**The data**.
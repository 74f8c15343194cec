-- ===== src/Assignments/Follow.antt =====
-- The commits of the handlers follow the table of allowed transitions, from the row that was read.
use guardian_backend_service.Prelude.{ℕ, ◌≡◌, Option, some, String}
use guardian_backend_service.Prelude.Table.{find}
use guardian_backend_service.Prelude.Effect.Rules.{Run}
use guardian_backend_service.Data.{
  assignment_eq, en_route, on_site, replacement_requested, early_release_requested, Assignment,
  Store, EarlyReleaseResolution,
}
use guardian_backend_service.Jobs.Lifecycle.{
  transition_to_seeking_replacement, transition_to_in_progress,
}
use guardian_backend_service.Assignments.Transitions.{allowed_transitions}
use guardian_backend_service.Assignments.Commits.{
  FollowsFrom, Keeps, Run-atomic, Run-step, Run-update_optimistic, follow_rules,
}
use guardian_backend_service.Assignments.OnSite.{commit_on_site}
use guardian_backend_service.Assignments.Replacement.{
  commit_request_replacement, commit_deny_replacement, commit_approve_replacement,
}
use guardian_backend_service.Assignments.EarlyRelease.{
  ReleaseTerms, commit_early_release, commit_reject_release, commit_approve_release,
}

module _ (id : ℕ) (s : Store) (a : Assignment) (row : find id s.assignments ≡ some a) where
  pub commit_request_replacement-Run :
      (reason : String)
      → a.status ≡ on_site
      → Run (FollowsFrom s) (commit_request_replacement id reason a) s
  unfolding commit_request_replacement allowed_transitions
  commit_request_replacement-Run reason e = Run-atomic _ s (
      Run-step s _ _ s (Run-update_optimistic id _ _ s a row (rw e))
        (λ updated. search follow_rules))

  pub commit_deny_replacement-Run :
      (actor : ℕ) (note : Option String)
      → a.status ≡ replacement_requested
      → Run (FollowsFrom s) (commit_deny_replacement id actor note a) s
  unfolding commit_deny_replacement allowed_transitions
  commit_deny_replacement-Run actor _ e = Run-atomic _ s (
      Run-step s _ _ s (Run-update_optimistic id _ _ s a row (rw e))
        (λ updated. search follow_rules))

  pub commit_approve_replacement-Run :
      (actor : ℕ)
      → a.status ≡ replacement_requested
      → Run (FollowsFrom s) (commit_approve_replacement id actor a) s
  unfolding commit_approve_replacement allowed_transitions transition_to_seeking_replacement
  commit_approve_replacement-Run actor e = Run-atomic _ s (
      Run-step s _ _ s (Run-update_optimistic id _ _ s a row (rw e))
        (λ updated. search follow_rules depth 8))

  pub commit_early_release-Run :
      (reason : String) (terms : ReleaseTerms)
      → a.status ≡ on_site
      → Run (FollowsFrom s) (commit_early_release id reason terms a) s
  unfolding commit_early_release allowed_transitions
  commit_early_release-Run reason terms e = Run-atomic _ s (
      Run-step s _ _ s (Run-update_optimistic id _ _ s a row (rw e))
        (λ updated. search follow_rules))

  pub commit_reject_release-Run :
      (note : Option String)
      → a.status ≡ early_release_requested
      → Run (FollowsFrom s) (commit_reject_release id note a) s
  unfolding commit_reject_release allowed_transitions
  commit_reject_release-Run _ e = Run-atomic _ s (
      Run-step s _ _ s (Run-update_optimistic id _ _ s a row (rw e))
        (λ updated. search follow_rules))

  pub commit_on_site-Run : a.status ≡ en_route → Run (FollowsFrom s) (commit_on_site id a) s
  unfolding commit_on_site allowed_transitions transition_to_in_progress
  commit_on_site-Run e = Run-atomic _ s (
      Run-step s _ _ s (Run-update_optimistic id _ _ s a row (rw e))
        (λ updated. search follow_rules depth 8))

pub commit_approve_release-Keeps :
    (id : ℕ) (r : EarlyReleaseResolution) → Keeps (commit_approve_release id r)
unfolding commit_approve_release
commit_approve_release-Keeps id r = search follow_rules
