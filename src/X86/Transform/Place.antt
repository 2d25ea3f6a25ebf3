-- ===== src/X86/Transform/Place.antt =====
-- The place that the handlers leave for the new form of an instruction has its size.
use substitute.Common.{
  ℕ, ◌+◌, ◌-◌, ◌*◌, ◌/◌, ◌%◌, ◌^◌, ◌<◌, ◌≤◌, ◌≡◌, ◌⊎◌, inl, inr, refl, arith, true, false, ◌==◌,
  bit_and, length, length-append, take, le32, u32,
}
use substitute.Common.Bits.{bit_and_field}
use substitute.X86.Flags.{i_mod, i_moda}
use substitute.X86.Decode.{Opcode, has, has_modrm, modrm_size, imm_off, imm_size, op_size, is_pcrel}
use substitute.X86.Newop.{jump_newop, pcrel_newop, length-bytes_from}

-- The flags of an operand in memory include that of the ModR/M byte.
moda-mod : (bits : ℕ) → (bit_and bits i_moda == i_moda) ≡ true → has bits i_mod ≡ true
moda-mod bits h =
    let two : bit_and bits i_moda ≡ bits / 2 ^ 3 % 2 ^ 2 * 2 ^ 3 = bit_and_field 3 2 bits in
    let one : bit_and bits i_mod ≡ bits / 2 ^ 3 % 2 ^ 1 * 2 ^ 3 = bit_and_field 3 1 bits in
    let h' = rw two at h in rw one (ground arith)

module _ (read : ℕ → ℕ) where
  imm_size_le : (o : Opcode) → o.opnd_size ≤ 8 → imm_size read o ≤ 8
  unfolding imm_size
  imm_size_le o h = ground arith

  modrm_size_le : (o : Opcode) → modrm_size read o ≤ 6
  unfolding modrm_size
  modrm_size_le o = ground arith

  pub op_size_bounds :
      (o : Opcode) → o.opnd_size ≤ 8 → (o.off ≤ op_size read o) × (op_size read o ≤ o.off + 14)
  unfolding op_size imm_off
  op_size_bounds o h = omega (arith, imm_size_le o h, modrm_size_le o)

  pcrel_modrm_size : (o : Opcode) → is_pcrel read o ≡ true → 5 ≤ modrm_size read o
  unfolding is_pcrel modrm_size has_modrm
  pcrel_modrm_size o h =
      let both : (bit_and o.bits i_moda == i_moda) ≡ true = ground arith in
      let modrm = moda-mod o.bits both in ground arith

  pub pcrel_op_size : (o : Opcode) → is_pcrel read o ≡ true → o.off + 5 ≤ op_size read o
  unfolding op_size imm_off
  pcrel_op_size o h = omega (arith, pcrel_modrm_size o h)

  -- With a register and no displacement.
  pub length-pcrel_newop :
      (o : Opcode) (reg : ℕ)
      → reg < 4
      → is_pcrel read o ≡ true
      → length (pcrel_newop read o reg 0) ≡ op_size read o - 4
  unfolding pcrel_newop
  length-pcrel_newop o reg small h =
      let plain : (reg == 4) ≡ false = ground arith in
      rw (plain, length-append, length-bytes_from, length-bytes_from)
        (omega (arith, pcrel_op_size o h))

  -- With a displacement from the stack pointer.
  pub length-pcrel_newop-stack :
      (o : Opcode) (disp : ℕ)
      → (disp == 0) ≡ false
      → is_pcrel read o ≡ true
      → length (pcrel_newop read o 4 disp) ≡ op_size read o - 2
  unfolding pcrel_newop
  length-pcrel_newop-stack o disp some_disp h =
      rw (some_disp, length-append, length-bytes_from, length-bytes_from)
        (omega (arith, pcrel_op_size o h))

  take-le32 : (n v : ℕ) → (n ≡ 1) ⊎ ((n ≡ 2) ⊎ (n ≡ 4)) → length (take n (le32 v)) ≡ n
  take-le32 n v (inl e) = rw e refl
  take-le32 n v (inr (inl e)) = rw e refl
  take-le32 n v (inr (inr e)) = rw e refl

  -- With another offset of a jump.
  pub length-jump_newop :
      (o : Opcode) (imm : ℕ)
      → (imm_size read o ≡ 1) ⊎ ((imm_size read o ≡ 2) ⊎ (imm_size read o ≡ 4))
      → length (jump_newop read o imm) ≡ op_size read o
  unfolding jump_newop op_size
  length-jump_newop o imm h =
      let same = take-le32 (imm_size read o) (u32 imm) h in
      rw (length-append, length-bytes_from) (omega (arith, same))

**Task objective**.
Pull each line containing the word "String" out of the data above.

**Output of the task**.
use guardian_backend_service.Prelude.{ℕ, ◌≡◌, Option, some, String}
      (reason : String)
      (actor : ℕ) (note : Option String)
      (reason : String) (terms : ReleaseTerms)
      (note : Option String)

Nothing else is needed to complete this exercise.